Asphalt is an organic rock usually found in geological deposits, mostly associated with oil.
We mostly know it for its role in paving streets.
But sometimes, a geological occurrence can create the strangest lakes in the world: lakes of asphalt, which look like lakes from the space.
When subterranean bitumen (from which asphalt is mostly done) leaks to the surface, it creates a large puddle or lake, improperly called tar pits. By now, only on five places on Earth asphalt lakes have been found, all in the Western Hemisphere.
The largest asphalt lake is Pitch Lake (photos above), located at La Brea ("The Pitch" in Spanish) in southwest Trinidad Island (southern Carribean), 55 miles (90 km) from the capital Port-of-Spain. The lake covers about 40 ha and is 75 m deep, attracting annually about 20,000 visitors. It is mined for asphalt which is exported for high-quality road construction since the XIXth century. The origin of this lake is linked to deep faults in the connection with subduction under the Caribbean Plate of the Barbados Arc, which allowed oil from a deep deposit to be forced up millions of years ago.
The lighter elements in the oil evaporated, leaving
behind the heavier asphalt. The lake burbles, hisses and occasionally spits fire and its smell can be felt miles away, due to the sulfur which stinks like rotten-eggs.
The Trinidad Lake Asphalt Co exports $3 million worth of pitch annually.
In the asphalt, archaeologists found Amerindian pottery, along with the remains of prehistoric animals such as the mastodons and the giant sloth.
Asphalt lakes are areas of the death where many animals can get trapped and as they die, the asphalt preserves well their remains.

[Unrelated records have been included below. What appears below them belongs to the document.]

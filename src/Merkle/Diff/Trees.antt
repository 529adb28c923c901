-- ===== src/Merkle/Diff/Trees.antt =====
-- `findDiffBuckets` of src/kvsrv/anti_entropy.go on the trees that src/kvsrv/merkle.go builds of two
-- snapshots of a sector.
use dynamo_kvsrv_pbs.Prelude.{
  All-mono, ℕ, zero, suc, ◌+◌, ◌*◌, ◌/◌, ◌^◌, ◌<◌, ◌≡◌, ◌≢◌, ◌⊎◌, ◌∙◌, inl, inr, refl, sym, ap,
  String, true, List, [], ◌∷◌, some, map, length, length-append, get_elem?, contains, nat_eq, eqb,
  eqb_iff, Bool-cases, Bytes, arith, All, string_eq,
}
use mathlib.Core.Option
use mathlib.Core.Path.{subst}
use dynamo_kvsrv_pbs.GoMap.{get_or}
use dynamo_kvsrv_pbs.Rpc.Object.{Object}
use dynamo_kvsrv_pbs.Merkle.Tree.{
  MerkleNode, SectorSnapshot, leaf_input, empty_hash, to_summary, build_merkle_tree_from_snapshot,
}
use dynamo_kvsrv_pbs.Merkle.Tree.Input.{
  view_bucket, IsFitBucket, leaf_input_injective, leaf_input_nonempty,
}
use dynamo_kvsrv_pbs.Merkle.Tree.LevelOrder.{
  IsLevelOrder, leaf_hashes, hash_at-behind, to_summary-IsLevelOrder,
}
use dynamo_kvsrv_pbs.Merkle.Tree.Build.{bucket_hash, build_merkle_tree-IsFull}
use dynamo_kvsrv_pbs.Merkle.Diff.{find_diff_buckets}
use dynamo_kvsrv_pbs.Merkle.Diff.Visit.{hash_at, same_or_not}
use dynamo_kvsrv_pbs.Merkle.Diff.Collide.{HasSize, Collision, IsHashTree, find_diff_buckets_lem}

-- The keys of a bucket in a snapshot.
abbrev pub keys_at : SectorSnapshot → ℕ → List String
keys_at snap bucket = Option.get_or (get_elem? snap.keys_per_bucket bucket) []

abbrev pub siblings_at : SectorSnapshot → String → List Object
siblings_at snap key = get_or snap.siblings key []

hash_at-map :
    (sha256 : Bytes → Bytes) (snap : SectorSnapshot) (buckets : List (List String)) (b : ℕ)
    → b < length buckets
    → hash_at (map (bucket_hash sha256 snap) buckets) b
      ≡ bucket_hash sha256 snap (Option.get_or (get_elem? buckets b) [])
hash_at-map sha256 snap [] b h = absurd (omega (arith, h))
hash_at-map sha256 snap (keys ∷ buckets) zero h = refl
hash_at-map sha256 snap (keys ∷ buckets) (suc b) h =
    hash_at-map sha256 snap buckets b (omega (arith, h))

hash_at-All :
    (P : Bytes → Type 0) (hashes : List Bytes) (i : ℕ)
    → All P hashes
    → i < length hashes
    → P (hash_at hashes i)
hash_at-All P [] i a h = absurd (omega (arith, h))
hash_at-All P (x ∷ hashes) zero a h = a.0
hash_at-All P (x ∷ hashes) (suc i) a h = hash_at-All P hashes i a.1 (omega (arith, h))

contains-All : (P : ℕ → Type 0) (xs : List ℕ) (x : ℕ) → All P xs → contains xs x ≡ true → P x
unfolding contains
contains-All P [] x a h = absurd (cc h)
contains-All P (y ∷ xs) x a h = elim (Bool-cases (eqb y x)) [
  | inl e ↦ subst P ((eqb_iff y x).0 e) a.0
  | inr e ↦ contains-All P xs x a.1 (ground (arith, h, e))
]

length-map : {A B : Type 0} (f : A → B) (xs : List A) → length (map f xs) ≡ length xs
length-map f [] = refl
length-map f (x ∷ xs) = omega (arith, length-map f xs)

-- The positions in a summary.
record IsSummary (sha256 : Bytes → Bytes) (leaves hashes : List Bytes) : Type 0 where
  odd : length hashes ≡ suc (length hashes / 2 * 2)
  half : suc (length hashes / 2) ≡ length leaves
  tree : IsHashTree sha256 hashes
  leaf_at : (b : ℕ) → hash_at hashes (b + length hashes / 2) ≡ hash_at leaves b

IsLevelOrder-IsSummary :
    (sha256 : Bytes → Bytes) (leaves hashes : List Bytes)
    → IsLevelOrder sha256 0 leaves hashes
    → IsSummary sha256 leaves hashes
IsLevelOrder-IsSummary sha256 leaves hashes o =
    let total : length hashes ≡ length o.upper + length leaves =
      ap length o.split ∙ length-append o.upper leaves in
    let middle : length hashes / 2 ≡ length o.upper = omega (arith, total, o.count) in
    record {
      odd = omega (arith, total, o.count);
      half = omega (arith, total, o.count);
      tree = record {
        above = λ pos h.
            let left : pos * 2 + 0 + 1 ≡ pos * 2 + 1 = omega arith in
            let right : pos * 2 + 0 + 2 ≡ pos * 2 + 2 = omega arith in
            o.above pos (omega (arith, h, middle)) ∙ cc (left, right);
        sizes = λ pos h. hash_at-All (λ hash. length hash ≡ 32) hashes pos o.sizes h;
      };
      leaf_at = λ b.
          let place : b + length hashes / 2 ≡ length o.upper + b = omega (arith, middle) in
          ap (hash_at hashes) place
          ∙ ap (λ q. hash_at q (length o.upper + b)) o.split
          ∙ hash_at-behind o.upper leaves b;
    }

-- A built tree, and where its summary has the hashes of the buckets.
record IsBuilt (sha256 : Bytes → Bytes) (sector : ℕ) (snap : SectorSnapshot) (root : MerkleNode)
    : Type 0 where
  built : build_merkle_tree_from_snapshot sha256 sector snap ≡ some root
  summary :
      IsSummary sha256 (map (bucket_hash sha256 snap) snap.keys_per_bucket) (to_summary root).hashes

build-IsBuilt :
    (sha256 : Bytes → Bytes) (d sector : ℕ) (snap : SectorSnapshot)
    → HasSize sha256
    → length snap.keys_per_bucket ≡ 2 ^ d
    → (root : MerkleNode) × IsBuilt sha256 sector snap root
build-IsBuilt sha256 d sector snap size e =
    let (root, b, full, leaves) = build_merkle_tree-IsFull sha256 d sector snap size e in
    (
      root,
      record {
        built = b;
        summary =
            subst (λ q. IsSummary sha256 q (to_summary root).hashes) leaves
              (IsLevelOrder-IsSummary sha256 (leaf_hashes root) (to_summary root).hashes
                (to_summary-IsLevelOrder sha256 d root full));
      },
    )

-- Two inputs with one digest are equal, or a collision.
same_digest :
    (sha256 : Bytes → Bytes) (x y : Bytes) → sha256 x ≡ sha256 y → Collision sha256 ⊎ (x ≡ y)
same_digest sha256 x y e = elim (same_or_not x y) [ inl p ↦ inr p | inr n ↦ inl (x, y, n, e) ]

-- The inputs of the leaves of a bucket.
abbrev pub input_at : SectorSnapshot → ℕ → Bytes
input_at snap b = leaf_input (siblings_at snap) (keys_at snap b)

abbrev pub IsFound : (Bytes → Bytes) → ℕ → SectorSnapshot → SectorSnapshot → List ℕ → Type 0
IsFound sha256 sector mine theirs buckets =
    (my_root : MerkleNode) × (their_root : MerkleNode) × (build_merkle_tree_from_snapshot sha256
        sector mine
      ≡ some my_root)
    × (build_merkle_tree_from_snapshot sha256 sector theirs ≡ some their_root)
    × (find_diff_buckets (empty_hash sha256) (to_summary my_root) (to_summary their_root)
        ≡ some buckets)

module _ (sha256 : Bytes → Bytes) (d sector : ℕ) (mine theirs : SectorSnapshot)
    (size : HasSize sha256) (my_count : length mine.keys_per_bucket ≡ 2 ^ d)
    (their_count : length theirs.keys_per_bucket ≡ 2 ^ d) where
  -- What findDiffBuckets finds, in the terms of the snapshots.
  trees-IsFound :
      (buckets : List ℕ) × IsFound sha256 sector mine theirs buckets
      × All (λ b. (b < 2 ^ d) × (sha256 (input_at mine b) ≢ sha256 (input_at theirs b))) buckets
      × ((b : ℕ)
          → b < 2 ^ d
          → sha256 (input_at mine b) ≢ sha256 (input_at theirs b)
          → sha256 (input_at mine b) ≢ empty_hash sha256
          → Collision sha256 ⊎ (contains buckets b ≡ true))
  trees-IsFound =
      let (my_root, my_built) = build-IsBuilt sha256 d sector mine size my_count in
      let (their_root, their_built) = build-IsBuilt sha256 d sector theirs size their_count in
      let m = my_built.summary in
      let t = their_built.summary in
      let my_leaves = length-map (bucket_hash sha256 mine) mine.keys_per_bucket in
      let their_leaves = length-map (bucket_hash sha256 theirs) theirs.keys_per_bucket in
      let same_half : length (to_summary my_root).hashes / 2
          ≡ length (to_summary their_root).hashes / 2 =
        omega (arith, m.half, t.half, my_leaves, their_leaves, my_count, their_count) in
      let my_hash : (b : ℕ)
          → b < 2 ^ d
          → hash_at (to_summary my_root).hashes (b + length (to_summary my_root).hashes / 2)
            ≡ sha256 (input_at mine b) =
        λ b h.
          m.leaf_at b
          ∙ hash_at-map sha256 mine mine.keys_per_bucket b (omega (arith, h, my_count)) in
      let their_hash : (b : ℕ)
          → b < 2 ^ d
          → hash_at (to_summary their_root).hashes (b + length (to_summary my_root).hashes / 2)
            ≡ sha256 (input_at theirs b) =
        λ b h.
          ap (λ n. hash_at (to_summary their_root).hashes (b + n)) same_half
          ∙ t.leaf_at b
          ∙ hash_at-map sha256 theirs theirs.keys_per_bucket b (omega (arith, h, their_count)) in
      let (buckets, found, sound, complete) =
        find_diff_buckets_lem sha256 (to_summary my_root) (to_summary their_root) size
          (record { odd = m.odd; even_lengths = omega (arith, same_half, m.odd, t.odd) }) m.tree
          t.tree in
      let in_range : (b : ℕ)
          → b < 2 ^ d
          → b + length (to_summary my_root).hashes / 2 < length (to_summary my_root).hashes =
        λ b h. omega (arith, h, m.half, m.odd, my_leaves, my_count) in
      (
        buckets,
        (my_root, their_root, my_built.built, their_built.built, found),
        All-mono
            (λ b h.
              let below : b < 2 ^ d = omega (arith, h.0, m.half, m.odd, my_leaves, my_count) in
              (below, λ e. h.1 (my_hash b below ∙ e ∙ sym (their_hash b below))))
            buckets sound,
        λ b h n f.
            complete b (in_range b h, λ e. n (sym (my_hash b h) ∙ e ∙ their_hash b h))
              (λ e. f (sym (my_hash b h) ∙ e)),
      )

-- findDiffBuckets on the trees of two snapshots of a sector, whose number of buckets is a power
-- of two, returns, without an index out of range, buckets that do differ: what a leaf hashes of
-- one is not the same in the two snapshots, if the digest has 32 bytes.
pub find_diff_buckets_sound :
    (sha256 : Bytes → Bytes) (d sector : ℕ) (mine theirs : SectorSnapshot)
    → HasSize sha256
    → length mine.keys_per_bucket ≡ 2 ^ d
    → length theirs.keys_per_bucket ≡ 2 ^ d
    → (buckets : List ℕ) × IsFound sha256 sector mine theirs buckets
      × All (λ b. (b < 2 ^ d) × (input_at mine b ≢ input_at theirs b)) buckets
find_diff_buckets_sound sha256 d sector mine theirs size m t =
    let (buckets, trees, sound, complete) = trees-IsFound sha256 d sector mine theirs size m t in
    (buckets, trees, All-mono (λ b h. (h.0, λ e. h.1 (ap sha256 e))) buckets sound)

-- Of the trees of two snapshots of a sector, whose number of buckets is a power of two,
-- findDiffBuckets returns each bucket in which the first has keys and the two differ in a key, a
-- value, a timestamp or a clock, or the digest has a collision, if the digest has 32 bytes and
-- all lengths and numbers of the bucket fit in a uint64.
pub find_diff_buckets_finds :
    (sha256 : Bytes → Bytes) (d sector : ℕ) (mine theirs : SectorSnapshot) (b : ℕ)
    → HasSize sha256
    → length mine.keys_per_bucket ≡ 2 ^ d
    → length theirs.keys_per_bucket ≡ 2 ^ d
    → b < 2 ^ d
    → IsFitBucket (siblings_at mine) (keys_at mine b)
    → IsFitBucket (siblings_at theirs) (keys_at theirs b)
    → keys_at mine b ≢ []
    → view_bucket (siblings_at mine) (keys_at mine b)
      ≢ view_bucket (siblings_at theirs) (keys_at theirs b)
    → (buckets : List ℕ) × IsFound sha256 sector mine theirs buckets
      × (Collision sha256 ⊎ (contains buckets b ≡ true))
unfolding empty_hash
find_diff_buckets_finds sha256 d sector mine theirs b size m t below f g n v =
    let (buckets, trees, sound, complete) = trees-IsFound sha256 d sector mine theirs size m t in
    (
      buckets,
      trees,
      elim (same_or_not (sha256 (input_at mine b)) (sha256 (input_at theirs b))) [
        | inl e ↦ elim (same_digest sha256 _ _ e) [
          | inl c ↦ inl c
          | inr same ↦ absurd (
              v (
                leaf_input_injective (siblings_at mine) (siblings_at theirs) (keys_at mine b)
                  (keys_at theirs b) f g same))
        ]
        | inr e ↦ elim (same_or_not (sha256 (input_at mine b)) (empty_hash sha256)) [
          | inl k ↦ elim (same_digest sha256 _ _ k) [
            | inl c ↦ inl c
            | inr same ↦
                absurd (leaf_input_nonempty (siblings_at mine) (keys_at mine b) f.count n same)
          ]
          | inr k ↦ complete b below e k
        ]
      ],
    )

The lake holds reserves of six to ten million tons, which at the present rate of extraction would last for 400 years.
In Venezuela there's the second asphalt lake in the world: Guanoco (Bermudez) Lake (close to Macaraibo Lake), in the Orinoco basin.
The lake covers more than 445 hectares (1,100 acres) and contains an estimated 6,000,000 tons of asphalt.

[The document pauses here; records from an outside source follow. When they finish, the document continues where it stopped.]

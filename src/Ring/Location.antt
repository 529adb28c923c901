-- ===== src/Ring/Location.antt =====
-- `GetLocation` of src/kvsrv/chr/ring.go.
use dynamo_kvsrv_pbs.Prelude.{ℕ, ◌+◌, ◌*◌, ◌/◌, ◌%◌, ◌^◌, ◌≤◌, ◌<◌, ◌≡◌, String, arith}
use dynamo_kvsrv_pbs.Ring.{Ring, get_location}

-- The key's position in a ring of `total` buckets, in integers without a word size.
abbrev pub position : ℕ → ℕ → ℕ
position total hash = total * hash / 2 ^ 32

scaled : (t h : ℕ) → h < 2 ^ 32 → 0 < t → t * h < t * 2 ^ 32
scaled t h p q = grind arith

positive : (a b : ℕ) → 0 < a → 0 < b → 0 < a * b
positive a b p q = grind arith

quotient : (p n b : ℕ) → 0 < b → p < n * b → p / b < n
quotient p n b h q = grind arith

recompose : (p b : ℕ) → 0 < b → (p % b < b) × (p / b * b + p % b ≡ p)
recompose p b h = grind arith

no_wrap :
    (t h : ℕ)
    → h < 2 ^ 32
    → 0 < t
    → t ≤ 2 ^ 32
    → (t * h % 2 ^ 64 / 2 ^ 32 ≡ position t h) × (position t h < t)
no_wrap t h p q r = omega (arith, scaled t h p q)

module _ (chr : Ring) (key : String) where
  -- The location of a key lies in the table of sectors and buckets, and sector * buckets +
  -- bucket is the hash scaled to the number of buckets, if the hash is a uint32, there are
  -- sectors and buckets, and at most 2^32 buckets in all.
  pub get_location_bounds :
      chr.hash_func key < 2 ^ 32
      → 0 < chr.buckets_per_sector
      → 0 < chr.num_sectors
      → chr.num_sectors * chr.buckets_per_sector ≤ 2 ^ 32
      → ((get_location chr key).0 < chr.num_sectors)
        × ((get_location chr key).1 < chr.buckets_per_sector)
        × ((get_location chr key).0 * chr.buckets_per_sector + (get_location chr key).1
            ≡ position (chr.num_sectors * chr.buckets_per_sector) (chr.hash_func key))
  unfolding get_location
  get_location_bounds h b s t =
      let total : ℕ = chr.num_sectors * chr.buckets_per_sector in
      let w = no_wrap total (chr.hash_func key) h (positive _ _ s b) t in
      let r = recompose (position total (chr.hash_func key)) chr.buckets_per_sector b in
      rw w.0 (quotient _ _ _ b w.1, r.0, r.1)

It was used as a commercial source of asphalt from 1891 to 1935.
The third site where tar pits are found is The La Brea Tar Pits (Rancho La Brea Tar Pits), the famous cluster of small tar pits (one tar pit in photo center bellow) located in Hancock Park, in the urban heart of Los Angeles, California. Asphalt went up from the ground in this area for tens of thousands of years, reaching the surface on hundreds of sticky pools.

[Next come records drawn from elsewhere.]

-- ===== src/Ring/Neighbors.antt =====
-- The walk of `GetNeighbors` in src/kvsrv/chr/ring.go.
use dynamo_kvsrv_pbs.Prelude.{
  ℕ, zero, suc, ◌+◌, ◌%◌, ◌≤◌, ◌≡◌, refl, String, false, Option, none, some, List, [], ◌∷◌, ◌++◌,
  arith, ltb, length, map, length-append, contains, contains-append, IsDistinct, string_eq,
  Bool-cases, inl, inr, ltb→lt, ltb→ge,
}
use mathlib.Core.Path.{subst}
use dynamo_kvsrv_pbs.Ring.{Ring, owner, neighbors_loop, get_neighbors, target_neighbors}

-- The nodes are the owners of the sectors, and no node is there twice.
pub record IsWalk (chr : Ring) (nodes : List String) (sectors : List ℕ) : Type 0 where
  pub owners : nodes ≡ map (owner chr) sectors
  pub distinct : IsDistinct nodes

map-append : (f : ℕ → String) (xs ys : List ℕ) → map f (xs ++ ys) ≡ map f xs ++ map f ys
map-append f [] ys = refl
map-append f (x ∷ xs) ys = rw (map-append f xs ys)

IsDistinct-append :
    (xs : List String) (y : String)
    → IsDistinct xs
    → contains xs y ≡ false
    → IsDistinct (xs ++ y ∷ [])
unfolding contains
IsDistinct-append [] y d h = (refl, tt)
IsDistinct-append (x ∷ xs) y d h = (
  rw contains-append (ground (arith, string_eq.beq_iff x y, string_eq.beq_iff y x, d.0)),
  IsDistinct-append xs y d.1 (ground arith),
)

-- What a result of the walk is.
Walked : Ring → ℕ → Option (List String × List ℕ) → Type 0
Walked chr target none = Unit
Walked chr target (some (ns, ss)) = IsWalk chr ns ss × (length ns ≡ target)

neighbors_loop-Walked :
    (fuel : ℕ) (chr : Ring) (target : ℕ) (nodes : List String) (sectors : List ℕ) (sector : ℕ)
    → IsWalk chr nodes sectors
    → length nodes ≤ target
    → Walked chr target (neighbors_loop fuel chr target nodes sectors sector)
unfolding neighbors_loop Walked
neighbors_loop-Walked zero chr target nodes sectors sector w h =
    elim (Bool-cases (ltb (length nodes) target)) [
      | inl e ↦ rw (e, Walked) tt
      | inr e ↦ rw (e, Walked) (w, (omega (arith, h, ltb→ge (length nodes) target e)))
    ]
neighbors_loop-Walked (suc fuel) chr target nodes sectors sector w h =
    elim (Bool-cases (ltb (length nodes) target)) [
      | inr e ↦ rw (e, Walked) (w, (omega (arith, h, ltb→ge (length nodes) target e)))
      | inl e ↦ elim (Bool-cases (contains nodes (owner chr sector))) [
        | inl c ↦
            rw (e, c, Walked)
              (neighbors_loop-Walked fuel chr target nodes sectors ((sector + 1) % chr.num_sectors)
                w h)
        | inr c ↦
            let nodes' = nodes ++ owner chr sector ∷ [] in
            let sectors' = sectors ++ sector ∷ [] in
            let w' : IsWalk chr nodes' sectors' = record {
              owners = rw (map-append (owner chr) sectors (sector ∷ []), w.owners);
              distinct = IsDistinct-append nodes (owner chr sector) w.distinct c;
            } in
            rw (e, c, Walked)
              (neighbors_loop-Walked fuel chr target nodes' sectors'
                ((sector + 1) % chr.num_sectors) w'
                (omega (
                  arith,
                  length-append nodes (owner chr sector ∷ []),
                  ltb→lt (length nodes) target e,
                )))
      ]
    ]

-- What GetNeighbors returns when its walk ends: pairwise different nodes, as many as the ring
-- asks for, each the owner of the sector at its position.
pub get_neighbors_lem :
    (chr : Ring) (sector : ℕ) (ns : List String) (ss : List ℕ)
    → get_neighbors chr sector ≡ some (ns, ss)
    → IsWalk chr ns ss × (length ns ≡ target_neighbors chr)
unfolding get_neighbors
get_neighbors_lem chr sector ns ss e =
    let w : IsWalk chr [] [] = record { owners = refl; distinct = tt } in
    let k =
      neighbors_loop-Walked chr.num_sectors chr (target_neighbors chr) [] [] sector w
        (omega arith) in
    unfold Walked in subst (Walked chr (target_neighbors chr)) e k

Methane gas also seeps up, causing bubbles which make the asphalt look like it's always boiling.
Asphalt and methane also appear under surrounding buildings, requiring special operations to remove it because it weakens the foundations of these buildings.
The "tar" pits were used as a source of asphalt (for use as low-grade fuel and for waterproofing and insulation) by early settlers of the Los Angeles area.
These asphalt pools have always been traps for animals and plants, which were well fossilized.
For science, they offered a detailed inventory of species dating from the last ice age. The trapping pools were sometimes covered with layers of water, dust, and leaves. The asphalt fossilized the bones of trapped animals, turning them into a dark brown or black color.
The asphalt also preserved very small "microfossils", insects, scorpions, crustaceans, wood and plant remnants, and even pollen grains, so scientists could rebuild vanished environments.
The oldest organisms entrapped in these tar pits were dated 38,000 years old.
Besides animals, in the pits was discovered a partial skeleton of a Native American woman, 9,000 years old.
Among the prehistoric mammals species found in La Brea Tar Pits, there are mammoths (the photo bellow shows a retrace of an entrapped mammoth), mastodons, giant bears, huge ground sloths (2 m high), the saber-toothed cat, ancient bison, camels, wild horses, American cave lions, tapirs, ancient pronghorns as well as many current species from North and Central America but also birds, turtles, fish, snakes, salamanders, frogs and toads.
The park's location in a major urban center, the history of dramatic discoveries, and excellent presentation in a museum built around the fossilized remains make the La Brea Tar Pits a famous and accessible archaeological site.
But there are two other asphalt pits with fossils in southern California: in Carpinteria, Santa Barbara County and McKittrick, in Kern County.